Inflated company earnings
Stocks were relatively high at the beginning of 2018. The Dow Jones Industrial Average index had tripled since the low of the Great Recession.
Some stock watchers warned companies were overvalued. The Shiller price to earnings ratio — a statistic that compares a company’s earnings to its number of shares and is sometimes used as a way to determine whether stocks are overvalued — was 33.31 in January. Compare that to the historical average of 16.59. Since the latest stock market drop, the price to earnings ratio is now 26.74.
The GOP tax cuts
The market was further boosted at the end of 2017 and into the beginning of 2018 by the Republican tax cut package Trump signed into law at the end of last year.
The tax cut, which included a reduction in the corporate tax rate, increased corporate profits, which helped boost stock prices. Stock buybacks were another major factor. Many companies that moved their profits from overseas back to the U.S. used the money to buy back their own shares, which further inflated their stock prices.

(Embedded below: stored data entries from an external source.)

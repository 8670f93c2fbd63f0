-- ===== src/Ring/Tests.antt =====
-- Runs of the theorems on src/ring.rs.
use dewdb.Prelude.{
  length, ◌*◌, ◌++◌, ◌≤◌, refl, bytes_eq, ℕ, ◌<◌, ◌^◌, ◌≡◌, ◌↔◌, List, [], ◌∷◌, codes, count, arith,
}
use dewdb.Util.Endpoint.{node_key, lower, endpoint_of, after_scheme, ends_authority, cut_authority}
use dewdb.Ring.Members.{
  HashRing, max_ring_tokens, validate, check_primaries, check_shards, check_replicas, is_blank,
}
use dewdb.Ring.Members.Placed.{IsFresh, primary_keys, replica_keys, validate_lem}
use dewdb.Ring.Ranges.{ShardInfo, shard_owns, validate_shard_ring, valid}
use dewdb.Ring.Ranges.Exact.{validate_shard_ring_lem}

-- A range that wraps past the top, and the rest.
abbrev two_shards : List ShardInfo
two_shards =
    record { start_hash = 900; end_hash = 100; node_url = codes "http://a"; replica_urls = [] }
    ∷ record { start_hash = 100; end_hash = 900; node_url = codes "http://b"; replica_urls = [] }
    ∷ []

validate_shard_ring_lem_example :
    (validate_shard_ring two_shards ≡ valid)
    ↔ ((h : ℕ) → h < 2 ^ 64 → count (λ s. shard_owns s h) two_shards ≡ 1)
validate_shard_ring_lem_example =
    validate_shard_ring_lem two_shards (omega arith, omega arith, (omega arith, omega arith, tt))

abbrev small_ring : HashRing
small_ring = record {
  vnodes = 2;
  shards =
      record { node_url = codes "http://a"; replica_urls = codes "http://c" ∷ [] }
      ∷ record { node_url = codes "http://b"; replica_urls = [] }
      ∷ [];
}

validate_lem_example :
    IsFresh [] (primary_keys small_ring.shards ++ replica_keys small_ring.shards)
    × (1 ≤ length small_ring.shards)
    × (1 ≤ small_ring.vnodes)
    × (length small_ring.shards * small_ring.vnodes ≤ max_ring_tokens)
unfolding validate check_primaries check_shards check_replicas is_blank node_key lower endpoint_of
    after_scheme ends_authority cut_authority bytes_eq
validate_lem_example = validate_lem small_ring refl
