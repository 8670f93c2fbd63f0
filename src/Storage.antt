-- ===== src/Storage.antt =====
-- src/storage/: the frames of the log.
pub mod Frame
pub mod Entry
pub mod Secondary
pub mod Collection
pub mod AppliedPos
pub mod Wal
mod Tests
mod Runs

The stock market is not the economy
It’s worth remembering that there is a fundamental difference between economic indicators like the unemployment rate and the stock market.
The economic indicators are backwards looking; they tell us what the unemployment rate was in the last few weeks or months. The stock market, in contrast, is forward looking; investors are always trying to guess what is going to happen next and how it might affect a company and its profitability.
“It’s human nature to think about the economy in good or bad terms,” said Sonders. But for stock market investors watching for positive — or negative — signs in the economy, “better or worse matters more than good or bad,” she said.
There are some economic indicators that hint at future trouble. The pace of job growth declined in November, and the length of the average work week has shortened.
Hiring remains strong, but if it weakens in 2019, it would make investors more pessimistic and likely to sell stocks, potentially helping speed up an economic downturn.